*THE DATA*:

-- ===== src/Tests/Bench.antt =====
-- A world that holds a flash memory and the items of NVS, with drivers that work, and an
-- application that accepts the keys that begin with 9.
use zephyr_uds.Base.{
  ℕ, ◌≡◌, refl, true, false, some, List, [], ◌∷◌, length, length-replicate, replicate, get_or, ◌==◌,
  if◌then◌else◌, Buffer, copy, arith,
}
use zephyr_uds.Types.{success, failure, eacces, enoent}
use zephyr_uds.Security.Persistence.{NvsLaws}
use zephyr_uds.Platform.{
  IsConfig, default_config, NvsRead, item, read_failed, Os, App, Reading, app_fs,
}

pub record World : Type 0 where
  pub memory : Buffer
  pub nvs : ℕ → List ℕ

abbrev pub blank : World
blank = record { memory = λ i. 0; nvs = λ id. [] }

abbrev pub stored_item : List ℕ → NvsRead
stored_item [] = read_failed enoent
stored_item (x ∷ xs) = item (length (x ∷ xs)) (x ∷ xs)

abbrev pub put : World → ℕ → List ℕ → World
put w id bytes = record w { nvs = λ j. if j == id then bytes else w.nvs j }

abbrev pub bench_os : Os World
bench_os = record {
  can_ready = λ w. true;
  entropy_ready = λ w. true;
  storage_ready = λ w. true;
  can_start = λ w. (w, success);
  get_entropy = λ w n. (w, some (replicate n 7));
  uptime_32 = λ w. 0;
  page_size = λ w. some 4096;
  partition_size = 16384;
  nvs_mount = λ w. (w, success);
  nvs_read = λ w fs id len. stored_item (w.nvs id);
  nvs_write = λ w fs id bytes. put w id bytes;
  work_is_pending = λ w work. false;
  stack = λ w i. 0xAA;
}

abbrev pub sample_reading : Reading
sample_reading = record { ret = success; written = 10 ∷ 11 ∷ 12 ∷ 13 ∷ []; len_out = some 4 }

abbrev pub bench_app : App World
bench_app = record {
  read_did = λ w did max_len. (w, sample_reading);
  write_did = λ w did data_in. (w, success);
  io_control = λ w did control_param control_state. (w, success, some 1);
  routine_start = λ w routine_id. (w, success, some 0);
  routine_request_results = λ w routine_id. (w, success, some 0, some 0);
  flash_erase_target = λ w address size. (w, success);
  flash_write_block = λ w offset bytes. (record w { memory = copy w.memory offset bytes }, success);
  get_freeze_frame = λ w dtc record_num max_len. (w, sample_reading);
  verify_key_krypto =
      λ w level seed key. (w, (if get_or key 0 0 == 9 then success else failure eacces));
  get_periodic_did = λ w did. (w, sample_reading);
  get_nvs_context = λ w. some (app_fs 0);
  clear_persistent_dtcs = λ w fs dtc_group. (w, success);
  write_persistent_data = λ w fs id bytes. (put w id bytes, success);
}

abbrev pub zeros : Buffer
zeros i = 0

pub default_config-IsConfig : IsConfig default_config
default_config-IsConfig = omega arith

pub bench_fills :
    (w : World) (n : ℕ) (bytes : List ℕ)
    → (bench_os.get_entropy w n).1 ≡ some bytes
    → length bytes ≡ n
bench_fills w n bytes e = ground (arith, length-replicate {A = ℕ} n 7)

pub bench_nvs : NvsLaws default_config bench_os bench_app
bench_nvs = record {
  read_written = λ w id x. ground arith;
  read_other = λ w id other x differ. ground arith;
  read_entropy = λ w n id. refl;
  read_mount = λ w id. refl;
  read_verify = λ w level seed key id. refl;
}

==

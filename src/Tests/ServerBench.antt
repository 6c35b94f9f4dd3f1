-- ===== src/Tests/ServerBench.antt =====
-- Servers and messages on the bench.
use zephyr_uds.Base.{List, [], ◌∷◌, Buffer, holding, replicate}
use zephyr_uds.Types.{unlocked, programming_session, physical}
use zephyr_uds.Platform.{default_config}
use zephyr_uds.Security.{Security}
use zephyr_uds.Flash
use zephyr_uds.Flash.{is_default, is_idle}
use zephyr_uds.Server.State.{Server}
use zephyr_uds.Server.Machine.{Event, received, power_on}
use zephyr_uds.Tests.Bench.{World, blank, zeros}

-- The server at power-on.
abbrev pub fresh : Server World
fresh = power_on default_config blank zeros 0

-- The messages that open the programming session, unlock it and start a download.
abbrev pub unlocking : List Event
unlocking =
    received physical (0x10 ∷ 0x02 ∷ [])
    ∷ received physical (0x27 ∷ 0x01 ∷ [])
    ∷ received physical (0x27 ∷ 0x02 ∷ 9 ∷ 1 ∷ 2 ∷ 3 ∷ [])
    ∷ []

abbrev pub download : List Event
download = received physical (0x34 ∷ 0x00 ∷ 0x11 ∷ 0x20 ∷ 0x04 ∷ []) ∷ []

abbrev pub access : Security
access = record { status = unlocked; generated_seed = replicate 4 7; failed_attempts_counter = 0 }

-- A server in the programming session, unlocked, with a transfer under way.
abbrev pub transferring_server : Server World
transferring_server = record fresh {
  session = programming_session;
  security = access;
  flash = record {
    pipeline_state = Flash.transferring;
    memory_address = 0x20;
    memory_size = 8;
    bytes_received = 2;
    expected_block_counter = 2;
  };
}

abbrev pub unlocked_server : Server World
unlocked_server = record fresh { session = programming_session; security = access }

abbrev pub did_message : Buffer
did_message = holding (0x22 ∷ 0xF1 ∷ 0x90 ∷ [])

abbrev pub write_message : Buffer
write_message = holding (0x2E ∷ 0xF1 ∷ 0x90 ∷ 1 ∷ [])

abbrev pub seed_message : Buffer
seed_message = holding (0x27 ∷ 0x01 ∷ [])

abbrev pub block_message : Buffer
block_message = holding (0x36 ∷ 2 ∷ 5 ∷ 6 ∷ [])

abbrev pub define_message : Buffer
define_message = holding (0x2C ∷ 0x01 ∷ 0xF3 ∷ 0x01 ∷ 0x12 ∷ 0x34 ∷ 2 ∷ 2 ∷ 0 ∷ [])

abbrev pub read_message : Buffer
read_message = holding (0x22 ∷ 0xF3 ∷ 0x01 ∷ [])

* * *

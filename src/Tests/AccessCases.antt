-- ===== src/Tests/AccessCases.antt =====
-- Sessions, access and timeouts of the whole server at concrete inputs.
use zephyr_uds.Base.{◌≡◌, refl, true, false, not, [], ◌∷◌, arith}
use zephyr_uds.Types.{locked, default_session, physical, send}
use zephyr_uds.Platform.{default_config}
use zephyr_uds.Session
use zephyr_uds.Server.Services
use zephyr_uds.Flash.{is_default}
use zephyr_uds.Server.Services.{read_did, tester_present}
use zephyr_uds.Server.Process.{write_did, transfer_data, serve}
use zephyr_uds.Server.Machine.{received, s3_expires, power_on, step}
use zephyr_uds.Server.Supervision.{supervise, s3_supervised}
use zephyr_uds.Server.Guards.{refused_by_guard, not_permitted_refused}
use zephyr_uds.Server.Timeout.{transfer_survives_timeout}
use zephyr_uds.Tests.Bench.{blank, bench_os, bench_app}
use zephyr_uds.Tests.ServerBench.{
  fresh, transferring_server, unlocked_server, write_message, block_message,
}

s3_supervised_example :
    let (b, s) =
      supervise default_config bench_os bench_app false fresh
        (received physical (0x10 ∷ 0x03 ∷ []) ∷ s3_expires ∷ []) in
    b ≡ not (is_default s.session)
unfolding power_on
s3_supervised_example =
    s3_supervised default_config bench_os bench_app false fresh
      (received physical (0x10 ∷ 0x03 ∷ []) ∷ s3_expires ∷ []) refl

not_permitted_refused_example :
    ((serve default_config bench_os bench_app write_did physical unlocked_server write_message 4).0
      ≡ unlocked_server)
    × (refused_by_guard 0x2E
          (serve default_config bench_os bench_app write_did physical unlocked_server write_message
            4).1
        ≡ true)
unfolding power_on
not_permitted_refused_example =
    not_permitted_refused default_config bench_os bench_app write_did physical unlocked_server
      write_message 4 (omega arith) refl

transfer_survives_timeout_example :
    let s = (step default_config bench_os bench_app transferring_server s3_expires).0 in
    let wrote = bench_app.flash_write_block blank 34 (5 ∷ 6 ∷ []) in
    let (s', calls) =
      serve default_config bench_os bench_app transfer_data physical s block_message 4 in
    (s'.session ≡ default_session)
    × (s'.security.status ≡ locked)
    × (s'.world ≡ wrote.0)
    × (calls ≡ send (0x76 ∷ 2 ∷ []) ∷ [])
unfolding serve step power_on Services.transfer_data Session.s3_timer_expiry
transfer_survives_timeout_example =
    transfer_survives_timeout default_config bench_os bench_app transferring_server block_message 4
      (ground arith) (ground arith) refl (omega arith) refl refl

*TASK OBJECTIVE*: I'd like every line with the string "Event" copied from the listing.

*RESPONSE*:
use zephyr_uds.Server.Machine.{Event, received, power_on}
abbrev pub unlocking : List Event
abbrev pub download : List Event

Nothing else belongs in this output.